H. Shabah S.M. Syamsi, MA. (Dosen UIN Syarif Hidayatullah Jakarta)
“Sesungguhnya
Allah menyuruh kamu sekalian melaksanakan amanah
kepada
pemiliknya. Dan apabila kamu menetapkan hukum di antara manusia supaya kamu
menetapkan
dengan adil. Sesungguhnya Allah memberi
pengajaran yang sebaik-baiknya kepadamu.
Sesungguhnya
Allah adalah Maha Mendengar lagi Maha Melihat.”
(QS.
An-Nisa [4] : 58)
Tahun
2014 dianggap sebagai tahun kepemimpinan nasional. Pemilu Legislatif, 9 April
2014 maupun Pemilu Presiden dan Wakilnya 9 Juli 2014 semakin dekat. Segala
persiapan dilakukan untuk menyukseskannya. Hampir semua informasi dalam
berbagai media terfokus pada masalah pemilu. Tenaga dan seluruh kekuatan setiap
partai politik dikerahkan untuk memenangi pemilu tersebut. Terjadilah suasana
persaingan yang begitu ketat. Masing-masing mempromosikan bahwa pemimpin dari
partai dan golongannya yang paling baik dan layak dipilih. Persaingan itu tak
ayal terkadang menimbulkan pertikaian dan permusuhan. Upaya pencitraan, black campaign, pembunuhan karakter
seringkali dimunculkan. Rakyat jelata bahkan dibuat bingung siapa seharusnya
yang mereka pilih.
Al-Qur’an
menggunakan beberapa istilah untuk menunjuk pada makna pemimpin dan
kepemimpinan, seperti: (1) Imam (yang
terdepan), disebutkan sebanyak 7 kali, (2) khalifah
(pengganti, penerus) disebutkan sebanyak 2 kali, (3) sulthan (penguasa) disebutkan sebanyak 37 kali, (4) Wali
dan awliya’ (pelindung, penolong)
disebutkan sebanyak 40 kali, (5) Hakim,
hakim dan hukm (pemutus),
disebutkan sebanyak 170 kali.
Sang
pemimpin adalah imam (yang terdepan)
dalam berbagai hal, menjadi seorang visioner dan teladan bagi amsyarakatnya,
yang diikuti dan dianut dalam meraih kejayaan. Pemimpin itu berposisi di depan
(amam) sebagaimana layaknya ketika
menjadi imam shalat. Dia adalah induk (umm)

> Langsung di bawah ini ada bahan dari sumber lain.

-- ===== src/Agent/Plan.antt =====
-- The nodes "classify" and "plan" of src/andera/agent/nodes.py.
pub mod Frame
pub mod Replan
use browser_agent.Common.{
  ℕ, suc, ◌+◌, String, Bool, true, false, Option, none, some, List, [], ◌∷◌, map, str_eq, ltb, ◌==◌,
  if◌then◌else◌, find_first,
}
use mathlib.Core.List.{reverse}
use browser_agent.Json.{Json, null, obj, arr, Fields, get, has_key, to_list}
use browser_agent.Agent.Effect.{
  Failure, plan_cap_reached, plan_unparsable, plan_shapeless, plan_empty, Result, ok, raised, Eff,
  pure,
}
use browser_agent.Agent.Step.{Step, step_of, or_text, or_default}
use browser_agent.Agent.Observations.{Observation, full, abstracted, is_kind, data_of}
use browser_agent.Agent.State.{
  Status, State, Deps, Cache, Reply, PlanPrompt, pending, acting, failed,
}

-- REFLECT_MAX
abbrev pub reflect_max : ℕ
reflect_max = 3

-- REPLAN_AFTER_CONSECUTIVE_FAILS
abbrev pub replan_after_consecutive_fails : ℕ
replan_after_consecutive_fails = 2

-- PLAN_MAX
abbrev pub plan_max : ℕ
plan_max = 3

-- `next((o["data"] for o in reversed(observations) if o.get("kind") == "snapshot"), …)`
pub latest_snapshot : List Observation → Option Fields
latest_snapshot observations = elim (find_first (is_kind "snapshot") (reverse observations)) [
  | none ↦ none
  | some o ↦ some (data_of o)
]

-- `parsed`, or the content parsed where there is none.
abbrev pub parsed_of : Reply → Result Json
parsed_of reply = elim reply.parsed [ null ↦ reply.content | v ↦ ok v ]

-- A list of steps that is not empty.
unfoldable pub steps_in : Json → Result (List Step)
steps_in (arr xs) = elim (map step_of (to_list xs)) [
  | [] ↦ raised plan_empty
  | s ∷ rest ↦ ok (s ∷ rest)
]
steps_in _ = raised plan_empty

-- The list in one of its two shapes.
unfoldable pub plan_in : Result Json → Result (List Step)
unfolding steps_in
plan_in (raised e) = raised (plan_unparsable e)
plan_in (ok (obj d)) = if has_key "steps" d then steps_in (get "steps" d) else raised plan_shapeless
plan_in (ok (arr xs)) = steps_in (arr xs)
plan_in (ok _) = raised plan_shapeless

abbrev pub with_plan : State → ℕ → Bool → List Step → State
with_plan s plan_count hit plan = record s {
  plan = plan;
  step_index = 0;
  status = acting;
  reflect_count = 0;
  consecutive_fails = 0;
  plan_count = plan_count;
  plan_cache_hit = hit;
}

abbrev pub plan_failed : State → ℕ → Failure → State
plan_failed s plan_count e = record s { status = failed; error = some e; plan_count = plan_count }

-- A graph runs this node once, so the dictionary that it keeps its answers in never has one.
pub classify_node : {W : Type 0} → Deps W → State → Eff W State
classify_node deps s w = elim (or_text s.task_type none) [
  | some t ↦ (ok s, w)
  | none ↦ elim deps.classifier [
    | none ↦ (ok (record s { task_type = some "unknown" }), w)
    | some classify_task ↦
        let (task_type, w') = classify_task s.task_prompt s.extract_schema w in
        (ok (record s { task_type = some task_type }), w')
  ]
]

module _ {W : Type 0} (deps : Deps W) where
  abbrev pub key_of : State → String
  key_of s = deps.plan_key s.task_prompt s.extract_schema s.start_url

  -- Only the first attempt looks into the cache.
  pub cached_plan : State → ℕ → W → Option (List Step) × W
  cached_plan s plan_count w =
      if plan_count == 1
      then elim deps.plan_cache [ none ↦ (none, w) | some c ↦ c.lookup (key_of s) w ]
      else (none, w)

  abbrev pub prompt_of : State → PlanPrompt
  prompt_of s = record {
    task_type = or_default s.task_type "unknown";
    task_prompt = s.task_prompt;
    input_data = s.input_data;
    start_url = s.start_url;
    schema = s.extract_schema;
    current_snapshot = latest_snapshot s.observations;
  }

  -- `deps.plan_cache.put(cache_key, plan)`
  abbrev pub store_plan : String → List Step → W → W
  store_plan key plan w = elim deps.plan_cache [ none ↦ w | some c ↦ c.store key plan w ]

  -- The planner is asked, and any exception on the way is a failed plan.
  pub new_plan : State → ℕ → W → State × W
  unfolding plan_in latest_snapshot
  new_plan s plan_count w =
      let (r, w') = deps.planner (prompt_of s) w in
      let parsed : Result Json = elim r [ ok reply ↦ parsed_of reply | raised e ↦ raised e ] in
      elim (plan_in parsed) [
        | raised e ↦ (plan_failed s plan_count e, w')
        | ok plan ↦ (with_plan s plan_count false plan, store_plan (key_of s) plan w')
      ]

  pub plan_node : State → Eff W State
  unfolding cached_plan new_plan
  plan_node s w =
      let plan_count = s.plan_count + 1 in
      let (cached, w') = cached_plan s plan_count w in
      let fresh = new_plan s plan_count w' in
      if ltb plan_max plan_count
      then (ok (plan_failed s plan_count plan_cap_reached), w)
      else elim cached [
        | some plan ↦ (ok (with_plan s plan_count true plan), w')
        | none ↦ (ok fresh.0, fresh.1)
      ]
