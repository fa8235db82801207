-- ===== src/Agent/Verify.antt =====
-- The nodes "observe" and "verify" of src/andera/agent/nodes.py.
pub mod Frame
use browser_agent.Common.{
  ℕ, suc, ◌+◌, String, Bool, true, false, not, ◌||◌, ◌&&◌, Option, none, some, List, [], ◌∷◌, ◌++◌,
  str_eq, leb, any_of, if◌then◌else◌, get_elem?,
}
use mathlib.Core.List.{reverse}
use browser_agent.Json.{Json, null, obj, Fields, end, get, truthy}
use browser_agent.Agent.Effect.{exception, reflection_cap_reached, Result, ok, raised, Eff}
use browser_agent.Agent.Step.{Step, action_step, bad, Action}
use browser_agent.Agent.Observations.{Observation, full, compact_observations}
use browser_agent.Agent.Tools
use browser_agent.Agent.Tools.{ToolResult, is_ok}
use browser_agent.Agent.Plan.{reflect_max, replan_after_consecutive_fails, latest_snapshot}
use browser_agent.Agent.Act.{action_of}
use browser_agent.Agent.State.{State, Deps, Reply, VerifyPrompt, Status, acting, replanning, failed}

-- NON_DOM_CHANGING_ACTIONS
abbrev pub non_dom_changing_actions : List String
non_dom_changing_actions =
    "screenshot" ∷ "screenshot_all" ∷ "visit_each_link" ∷ "scroll" ∷ "scroll_to" ∷ "extract"
    ∷ "search" ∷ "annotate" ∷ []

pub non_dom_changing : String → Bool
non_dom_changing action = any_of (str_eq action) non_dom_changing_actions

unfoldable pub observe_node : {W : Type 0} → Deps W → State → Eff W State
observe_node deps s w =
    let (snap, w') = Tools.snapshot deps.browser w in
    if is_ok snap
    then (
      ok (record s {
        observations =
            compact_observations (s.observations ++ full "snapshot" snap.output.fields ∷ []);
      }),
      w',
    )
    else (ok (record s { status = failed; error = snap.error }), w')

-- The step that is being executed, if it is a dictionary.
abbrev pub current_action : State → Option Action
current_action s = elim (get_elem? s.plan s.step_index) [
  | some (action_step step) ↦ some step
  | _ ↦ none
]

abbrev pub is_some {ℓ} : {A : Type ℓ} → Option A → Bool
is_some none = false
is_some (some a) = true

-- The fast path applies to the action of the current step.
abbrev pub is_fast : Option Action → Bool
is_fast none = false
is_fast (some step) = non_dom_changing (action_of step)

pub step_passed : State → State
step_passed s = record s {
  step_index = s.step_index + 1;
  status = acting;
  consecutive_fails = 0;
  last_tool_error = none;
}

-- A step that did not pass: the budget decides among reflecting, planning anew and failing.
pub step_failed : State → State
step_failed s =
    if leb reflect_max (s.reflect_count + 1)
    then (record s { status = failed; error = some reflection_cap_reached })
    else if leb replan_after_consecutive_fails (s.consecutive_fails + 1)
    then (record s {
      status = replanning;
      reflect_count = s.reflect_count + 1;
      consecutive_fails = 0;
    })
    else (record s {
      reflect_count = s.reflect_count + 1;
      consecutive_fails = s.consecutive_fails + 1;
      status = acting;
    })

-- `bool(v.get("ok"))`, where an answer that is no object does not pass.
abbrev pub says_ok : Reply → Bool
says_ok reply = elim reply.content [
  | raised e ↦ false
  | ok v ↦ elim v [ obj d ↦ truthy (get "ok" d) | _ ↦ false ]
]

abbrev pub last_call : List ToolResult → Option ToolResult
last_call calls = elim (reverse calls) [ [] ↦ none | c ∷ rest ↦ some c ]

-- The navigator's judgement of the step.
pub ask_verifier : {W : Type 0} → Deps W → State → Eff W Bool
ask_verifier deps s w =
    let (r, w') =
      deps.navigator
        (record {
          task_prompt = s.task_prompt;
          current_step = get_elem? s.plan s.step_index;
          last_action = last_call s.tool_calls;
          snapshot = latest_snapshot s.observations;
        })
        w in
    elim r [ raised e ↦ (raised e, w') | ok reply ↦ (ok (says_ok reply), w') ]

-- The node on a current step that is a dictionary, or past the end of the plan.
pub verify_step : {W : Type 0} → Deps W → State → Eff W State
unfolding step_passed step_failed ask_verifier non_dom_changing
verify_step deps s w =
    if is_fast (current_action s) && not (is_some s.last_tool_error)
    then (ok (step_passed s), w)
    else if is_some s.last_tool_error
    then (ok (step_failed s), w)
    else (let (r, w') = ask_verifier deps s w in
        elim r [
          | raised e ↦ (raised e, w')
          | ok passed ↦ (ok (if passed then step_passed s else step_failed s), w')
        ])

-- `current_step.get("action")` comes first: a step that is no dictionary has no `get`.
unfoldable pub verify_node : {W : Type 0} → Deps W → State → Eff W State
unfolding verify_step
verify_node deps s w = elim (get_elem? s.plan s.step_index) [
  | some (bad v) ↦ (raised (exception "AttributeError"), w)
  | _ ↦ verify_step deps s w
]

yang menjadi pusat bagi seluruh pergerakan bangsa (ummah). Nabi Ibrahim a.s meohon kepada Allah agar menjadi imam (pemimpin) tidak hanya dirinya tapi
juga keturunannya. Namun Allah menjelaskan bahwa kepemimpinan hanya layak
didapat oleh orang-orang adil bukan orang-orang zalim.
“Dan (ingatlah), ketika Ibrahim diuji
Tuhannya dengen beberapa kalimat (perintah dan larangan), lalu Ibrahim
menunaikannya. Allah berfirman: “Sesungguhnya Aku akan menjadikanmu imam bagi
seluruh manusia”. Ibrahim berkata: “(Dan saya mohon juga) dari keturunanku”.
Allah berfirman: “Janji-Ku (ini) tidak mengenai orang yang zalim”. (QS.
Al-Baqarah [2] : 124)
Ibad al-Rahman (para
hamba Allah) adalah aimmah (jamak
dari imam, terdepan) bagi orang-orang
bertaqwa.
“Dan orang-orang yang berkata: “Ya Tuhan
kami, anugrahkanlah kepada kami istri-istri kami dan keturunan kami sebagai
penyenang hati (kami), dan jadikanlah kami imam bagi orang-orang yang
bertakwa”. (QS. Al-Furqan [25] : 74)
Sang
pemimpin adalah khalifah (pengganti
dan penerus), pengganti bagi pemimpin sebelumnya dan meneruskan perjuangan bagi
keberlangsungan kemajuan. Pemimpin bukan perusak hasil karya pendahulu,
merendahkan dan menghinakan prestasi-prestasi yang telah diraih. Pada sang
pemimpin dibutuhkan kreasi dan inovasi disamping upaya melestarikan yang sudah
baik. Al-muhafadhah ala al-qadim
al-shahih wa al-akhdhu bi al-jadid al-ashlah (memelihara yang lama yang
baik dan emngambil yang baru yang lebih baik). Adam dan keturunannya diciptakan
sebagai khalifah di muka bumi agar
menegnal nama-nama, mengembangkan, mengatur dan memimpin alam raya dan isinya
agar lestari dan dapat berkembang menjadi peradaban mulia. (QS. Al-Baqarah [2]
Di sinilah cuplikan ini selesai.